-- Available data follows --

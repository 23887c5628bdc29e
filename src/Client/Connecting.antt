-- ===== src/Client/Connecting.antt =====
-- A CacheConn and its connection: the constructor, `Init`, `DeInit`, and the shape of a command.
use filehub_cloud.Base.{
  ℕ, ◌+◌, ◌%◌, ◌^◌, Bool, true, false, Option, none, some, List, [], ◌∷◌, Text, bytes, same, ltb,
  is_zero, if◌then◌else◌, ℤ, pos, negsuc, take,
}
use filehub_cloud.Client.Link.{
  Link, done, crash, time, connect, command, free, ◌>>=◌, Reply, status, error, null, broken,
  connected,
}

-- `context_` is true where it is not NULL.
pub record CacheConn : Type 0 where
  pub context : Bool
  pub last_connect_time : ℕ
  pub server_ip : Text
  pub server_port : ℕ
  pub password : Text
  pub db_index : ℕ
  pub pool_name : Text

-- The port and the index are cut to 16 bits.
unfoldable pub new_cache_conn : Text → ℕ → ℕ → Text → Text → CacheConn
new_cache_conn server_ip server_port db_index password pool_name = record {
  context = false;
  last_connect_time = 0;
  server_ip = server_ip;
  server_port = server_port % 2 ^ 16;
  password = password;
  db_index = db_index % 2 ^ 16;
  pool_name = pool_name;
}

-- `strncmp(reply->str, "OK", 2) == 0`
unfoldable pub starts_ok : Text → Bool
starts_ok s = same (take 2 s) (bytes "OK")

-- The last step of `Init`. It is 2 for every other answer, with the context kept.
unfoldable pub select_db : CacheConn → Link (ℤ × CacheConn)
unfolding starts_ok
select_db c = command (bytes "SELECT" ∷ bytes "0" ∷ []) λ r. elim r [
  | some (status s) ↦ done (if starts_ok s then pos 0 else pos 2, c)
  | _ ↦ done (pos 2, c)
]

unfoldable pub authenticated : CacheConn → Option Reply → Link (ℤ × CacheConn)
unfolding select_db
authenticated c none = done (negsuc 0, c)
authenticated c (some (error e)) = done (negsuc 0, c)
authenticated c (some a) = select_db c

-- AUTH, if there is a password; -1 if it is refused, with the context kept.
unfoldable pub authenticate : Text → CacheConn → Link (ℤ × CacheConn)
unfolding select_db authenticated
authenticate [] c = select_db c
authenticate (b ∷ s) c = command (bytes "AUTH" ∷ (b ∷ s) ∷ []) (authenticated c)

-- The attempt to connect.
unfoldable pub open_context : CacheConn → Link (ℤ × CacheConn)
unfolding authenticate
open_context c = connect c.server_ip c.server_port λ o. elim o [
  | null ↦ done (pos 1, c)
  | broken ↦ free (done (pos 1, c))
  | connected ↦ authenticate c.password (record c { context = true })
]

-- `Init`
unfoldable pub cache_init : CacheConn → Link (ℤ × CacheConn)
unfolding open_context
cache_init c = elim c.context [
  | true ↦ done (pos 0, c)
  | false ↦ time λ now. elim (ltb now ((c.last_connect_time + 1) % 2 ^ 64)) [
    | true ↦ done (pos 1, c)
    | false ↦ open_context (record c { last_connect_time = now })
  ]
]

-- `DeInit`, and the destructor
unfoldable pub de_init : CacheConn → Link CacheConn
de_init c = elim c.context [ true ↦ free (done (record c { context = false })) | false ↦ done c ]

-- `if (Init()) return early;`
unfoldable pub after_init :
    {A : Type 0} → A → (CacheConn → Link (A × CacheConn)) → CacheConn → Link (A × CacheConn)
unfolding cache_init
after_init early go_on c =
    cache_init c >>= λ r. elim (is_zero r.0) [ true ↦ go_on r.1 | false ↦ done (early, r.1) ]

-- `if (!reply) { redisFree(context_); context_ = NULL; return lost; }`
unfoldable pub dropped : {A : Type 0} → A → CacheConn → Link (A × CacheConn)
dropped lost c = free (done (lost, record c { context = false }))

unfoldable pub checked :
    {A : Type 0} → A → (Reply → A) → CacheConn → Option Reply → Link (A × CacheConn)
unfolding dropped
checked lost read c none = dropped lost c
checked lost read c (some a) = done (read a, c)

-- A command that checks its reply for NULL.
unfoldable pub guarded :
    {A : Type 0} → A → A → List Text → (Reply → A) → CacheConn → Link (A × CacheConn)
unfolding after_init checked
guarded early lost words read = after_init early λ c. command words (checked lost read c)

abbrev pub or_crash : {A : Type 0} → Option A → CacheConn → Link (A × CacheConn)
or_crash none c = crash
or_crash (some x) c = done (x, c)

abbrev pub unchecked :
    {A : Type 0} → (Reply → Option A) → CacheConn → Option Reply → Link (A × CacheConn)
unchecked read c none = crash
unchecked read c (some a) = or_crash (read a) c

-- One that reads it unchecked; what `read` has no value for reads a NULL text.
unfoldable pub unguarded :
    {A : Type 0} → A → List Text → (Reply → Option A) → CacheConn → Link (A × CacheConn)
unfolding after_init
unguarded early words read = after_init early λ c. command words (unchecked read c)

-- Available data concluded --

§ **Problem statement**: The data above should be copied exactly, with no line omitted.

§ **Result of this exercise**:
repository 23887c5628bdc29e
filename src/Client/Connecting.antt
-- ===== src/Client/Connecting.antt =====
-- A CacheConn and its connection: the constructor, `Init`, `DeInit`, and the shape of a command.
use filehub_cloud.Base.{
  ℕ, ◌+◌, ◌%◌, ◌^◌, Bool, true, false, Option, none, some, List, [], ◌∷◌, Text, bytes, same, ltb,
  is_zero, if◌then◌else◌, ℤ, pos, negsuc, take,
}
use filehub_cloud.Client.Link.{
  Link, done, crash, time, connect, command, free, ◌>>=◌, Reply, status, error, null, broken,
  connected,
}

-- `context_` is true where it is not NULL.
pub record CacheConn : Type 0 where
  pub context : Bool
  pub last_connect_time : ℕ
  pub server_ip : Text
  pub server_port : ℕ
  pub password : Text
  pub db_index : ℕ
  pub pool_name : Text

-- The port and the index are cut to 16 bits.
unfoldable pub new_cache_conn : Text → ℕ → ℕ → Text → Text → CacheConn
new_cache_conn server_ip server_port db_index password pool_name = record {
  context = false;
  last_connect_time = 0;
  server_ip = server_ip;
  server_port = server_port % 2 ^ 16;
  password = password;
  db_index = db_index % 2 ^ 16;
  pool_name = pool_name;
}

-- `strncmp(reply->str, "OK", 2) == 0`
unfoldable pub starts_ok : Text → Bool
starts_ok s = same (take 2 s) (bytes "OK")

-- The last step of `Init`. It is 2 for every other answer, with the context kept.
unfoldable pub select_db : CacheConn → Link (ℤ × CacheConn)
unfolding starts_ok
select_db c = command (bytes "SELECT" ∷ bytes "0" ∷ []) λ r. elim r [
  | some (status s) ↦ done (if starts_ok s then pos 0 else pos 2, c)
  | _ ↦ done (pos 2, c)
]

unfoldable pub authenticated : CacheConn → Option Reply → Link (ℤ × CacheConn)
unfolding select_db
authenticated c none = done (negsuc 0, c)
authenticated c (some (error e)) = done (negsuc 0, c)
authenticated c (some a) = select_db c

-- AUTH, if there is a password; -1 if it is refused, with the context kept.
unfoldable pub authenticate : Text → CacheConn → Link (ℤ × CacheConn)
unfolding select_db authenticated
authenticate [] c = select_db c
authenticate (b ∷ s) c = command (bytes "AUTH" ∷ (b ∷ s) ∷ []) (authenticated c)

-- The attempt to connect.
unfoldable pub open_context : CacheConn → Link (ℤ × CacheConn)
unfolding authenticate
open_context c = connect c.server_ip c.server_port λ o. elim o [
  | null ↦ done (pos 1, c)
  | broken ↦ free (done (pos 1, c))
  | connected ↦ authenticate c.password (record c { context = true })
]

-- `Init`
unfoldable pub cache_init : CacheConn → Link (ℤ × CacheConn)
unfolding open_context
cache_init c = elim c.context [
  | true ↦ done (pos 0, c)
  | false ↦ time λ now. elim (ltb now ((c.last_connect_time + 1) % 2 ^ 64)) [
    | true ↦ done (pos 1, c)
    | false ↦ open_context (record c { last_connect_time = now })
  ]
]

-- `DeInit`, and the destructor
unfoldable pub de_init : CacheConn → Link CacheConn
de_init c = elim c.context [ true ↦ free (done (record c { context = false })) | false ↦ done c ]

-- `if (Init()) return early;`
unfoldable pub after_init :
    {A : Type 0} → A → (CacheConn → Link (A × CacheConn)) → CacheConn → Link (A × CacheConn)
unfolding cache_init
after_init early go_on c =
    cache_init c >>= λ r. elim (is_zero r.0) [ true ↦ go_on r.1 | false ↦ done (early, r.1) ]

-- `if (!reply) { redisFree(context_); context_ = NULL; return lost; }`
unfoldable pub dropped : {A : Type 0} → A → CacheConn → Link (A × CacheConn)
dropped lost c = free (done (lost, record c { context = false }))

unfoldable pub checked :
    {A : Type 0} → A → (Reply → A) → CacheConn → Option Reply → Link (A × CacheConn)
unfolding dropped
checked lost read c none = dropped lost c
checked lost read c (some a) = done (read a, c)

-- A command that checks its reply for NULL.
unfoldable pub guarded :
    {A : Type 0} → A → A → List Text → (Reply → A) → CacheConn → Link (A × CacheConn)
unfolding after_init checked
guarded early lost words read = after_init early λ c. command words (checked lost read c)

abbrev pub or_crash : {A : Type 0} → Option A → CacheConn → Link (A × CacheConn)
or_crash none c = crash
or_crash (some x) c = done (x, c)

abbrev pub unchecked :
    {A : Type 0} → (Reply → Option A) → CacheConn → Option Reply → Link (A × CacheConn)
unchecked read c none = crash
unchecked read c (some a) = or_crash (read a) c

-- One that reads it unchecked; what `read` has no value for reads a NULL text.
unfoldable pub unguarded :
    {A : Type 0} → A → List Text → (Reply → Option A) → CacheConn → Link (A × CacheConn)
unfolding after_init
unguarded early words read = after_init early λ c. command words (unchecked read c)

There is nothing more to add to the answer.